Chinese researchers have developed a way of turning photographs into lifelike videos. The new AI tool, EMO, or Emote Portrait Alive, can animate a single static photo into a video in which the subject speaks or sings.
Full spectrum of human expressions
The breakthrough comes from multinational tech company Alibaba and its Institute for Intelligent Computing, whose researchers have trained a diffusion model with over 250 hours of footage of talking heads, including from films, TV, musical performance and speeches. This approach helped to overcome one of the major challenges in this field, says lead research author, Linrui Tian, which is that “Capturing the full spectrum of human expressions and the uniqueness of individual facial styles has always been a hurdle.”
Instead of trying to recreate facial expressions and movement using 3D models or shape blending, EMO is able to directly synthesise audio waves into video frames, “eliminating the need for complex 3D models or facial landmarks,” Tian explains.
Singing and rapping
This generates animations that are much more realistic and appear natural with better fluidity and finer, bespoke details. Current test results and user studies show EMO consistently outstrips the competition on industry key criteria for video quality, identity preservation, and emotional plausibility. The AI can even produce singing videos, of any length, perfectly synced to a vocal track, including performances in complex vocal genres such as rapping.
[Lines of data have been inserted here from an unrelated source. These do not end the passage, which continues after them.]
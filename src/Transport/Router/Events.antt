-- ===== src/Transport/Router/Events.antt =====
-- Which events a listener hears.
use cuttle_db.Prelude.{
  ℕ, Bool, false, ◌||◌, List, [], ◌∷◌, ◌++◌, ◌≡◌, ◌≢◌, refl, ◌∙◌, ◌==◌, if◌then◌else◌, Bool-cases,
  inl, inr, length, All, none, some, get_elem?, Text,
}
use cuttle_db.Transport.Router.{
  Waiter, single, part, Outcome, failed, Router, Event, parse_event, is_settled, settle, resolve,
  answer_next, is_event, reject_each, promise, add_listener, remove_listener,
}
use cuttle_db.Number.{nan, parse_int, part_number}
use cuttle_db.Text.{split}
use cuttle_db.Transport.Router.Queue.{Action, ask, ask_batch, ask_refused, arrive, break, perform}

-- What happens to a connection, its listeners included.
pub data Happening : Type 0 where
  acts : Action → Happening
  listens : ℕ → Happening
  unlistens : ℕ → Happening

unfoldable pub happen : Happening → Router → Router
unfolding perform add_listener remove_listener
happen (acts a) r = perform a r
happen (listens cb) r = add_listener cb r
happen (unlistens cb) r = remove_listener cb r

unfoldable pub happen_all : List Happening → Router → Router
unfolding happen
happen_all [] r = r
happen_all (h ∷ hs) r = happen_all hs (happen h r)

-- The events that a callback was called with.
unfoldable pub calls_of : ℕ → List (ℕ × Event) → List Event
calls_of cb [] = []
calls_of cb ((c, evt) ∷ heard) =
    let rest = calls_of cb heard in if c == cb then evt ∷ rest else rest

-- The specification of one listener: whether it is registered afterwards, and what it is told.
abbrev pub registered : ℕ → Happening → Bool → Bool
registered cb (acts a) on = on
registered cb (listens c) on = c == cb || on
registered cb (unlistens c) on = if c == cb then false else on

-- An event line is words: the mark, three numbers, and the operation. A number that is missing is
-- not a number, and words behind the operation mean nothing.
abbrev pub read_words : List Text → Event
read_words (mark ∷ hid ∷ tid ∷ row ∷ op ∷ more) = record {
  hid = parse_int hid;
  tid = parse_int tid;
  row_id = parse_int row;
  op = some op;
}
read_words (mark ∷ hid ∷ tid ∷ row ∷ []) = record {
  hid = parse_int hid;
  tid = parse_int tid;
  row_id = parse_int row;
  op = none;
}
read_words (mark ∷ hid ∷ tid ∷ []) = record {
  hid = parse_int hid;
  tid = parse_int tid;
  row_id = nan;
  op = none;
}
read_words (mark ∷ hid ∷ []) = record { hid = parse_int hid; tid = nan; row_id = nan; op = none }
read_words _ = record { hid = nan; tid = nan; row_id = nan; op = none }

abbrev pub read_event : Text → Event
read_event l = read_words (split b' ' l)

numbered_parts-read_words :
    (parts : List Text)
    → ◌≡◌ {A = Event}
        (record {
          hid = part_number (get_elem? parts 1);
          tid = part_number (get_elem? parts 2);
          row_id = part_number (get_elem? parts 3);
          op = get_elem? parts 4;
        })
        (read_words parts)
unfolding part_number
numbered_parts-read_words [] = refl
numbered_parts-read_words (a ∷ []) = refl
numbered_parts-read_words (a ∷ b ∷ []) = refl
numbered_parts-read_words (a ∷ b ∷ c ∷ []) = refl
numbered_parts-read_words (a ∷ b ∷ c ∷ d ∷ []) = refl
numbered_parts-read_words (a ∷ b ∷ c ∷ d ∷ e ∷ more) = refl

pub parse_event-read_event : (l : Text) → parse_event l ≡ read_event l
unfolding parse_event
parse_event-read_event l = numbered_parts-read_words (split b' ' l)

abbrev pub event_of : Text → List Event
event_of l = if is_event l then read_event l ∷ [] else []

abbrev pub told : Bool → Happening → List Event
told on (acts (arrive l)) = if on then event_of l else []
told on (acts ask) = []
told on (acts (ask_batch k)) = []
told on (acts (ask_refused e)) = []
told on (acts (break e)) = []
told on (listens c) = []
told on (unlistens c) = []

unfoldable pub follow : ℕ → Bool → List Happening → Bool × List Event
follow cb on [] = (on, [])
follow cb on (h ∷ hs) =
    let (end, out) = follow cb (registered cb h on) hs in (end, told on h ++ out)

-- The listeners are a set.
abbrev pub Distinct : List ℕ → Type 0
Distinct [] = Unit
Distinct (c ∷ cs) = All (λ d. d ≢ c) cs × Distinct cs

-- Neither the listeners nor their calls change.
abbrev pub Quiet : Router → Router → Type 0
Quiet r r' = (r'.listeners ≡ r.listeners) × (r'.heard ≡ r.heard)

pub settle-Quiet : (p : ℕ) (o : Outcome) (r : Router) → Quiet r (settle p o r)
unfolding settle
settle-Quiet p o r = elim (Bool-cases (is_settled p r.settled)) [
  | inl e ↦ rw e (refl, refl)
  | inr e ↦ rw e (refl, refl)
]

pub reject_each-Quiet : (ws : List Waiter) (e : Text) (r : Router) → Quiet r (reject_each ws e r)
unfolding reject_each
reject_each-Quiet [] e r = (refl, refl)
reject_each-Quiet (w ∷ ws) e r =
    let (l, h) = reject_each-Quiet ws e (settle (promise w) (failed e) r) in
    let (l', h') = settle-Quiet (promise w) (failed e) r in (l ∙ l', h ∙ h')

resolve-Quiet : (w : Waiter) (l : Text) (r : Router) → Quiet r (resolve w l r)
unfolding resolve
resolve-Quiet (single p) l r = settle-Quiet p _ r
resolve-Quiet (part p n) l r =
    let out = r.collected p ++ l ∷ [] in
    elim (Bool-cases (length out == n)) [
      | inl e ↦ rw e (settle-Quiet p _ _)
      | inr e ↦ rw e (refl, refl)
    ]

pub answer_next-Quiet : (ws : List Waiter) (l : Text) (r : Router) → Quiet r (answer_next ws l r)
unfolding answer_next
answer_next-Quiet [] l r = (refl, refl)
answer_next-Quiet (w ∷ ws) l r = resolve-Quiet w l (record r { waiters = ws })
“EMO proves it can create convincing speaking videos and even generate singing videos in various styles. This is a major step forward,” the research paper published on arXiv claims.
The growth of AI and its threat?
The announcement comes as other new AI tools rain upon us. OpenAI recently revealed “Sora” its latest text-to-video tool, one of the means used in a new Chinese 26-episode animation titled “Qianqiu Shisong” exploring traditional poetry and borrowing an “inkwash” look.
The Chinese government is pushing AI through various strategic initiatives designed to boost economic development through tech. The State-owned Assets Supervision and Administration Commission (SASAC) is urging all State-owned enterprises (SOEs), to explore and integrate AI across sectors.
As with any AI producing human-imitation, EMO presents ethical questions to be answered around the ownership and use of photos, ranging from concerns about deepfakes and identity theft to misinformation. Researchers are working to catch up with safeguarding methods to detect and brand AI-generated content. There is no denying that there are also exciting potential applications for the new tech, including the ability to animate historical figures, as well as highly personalised memorials or clips for entertainment.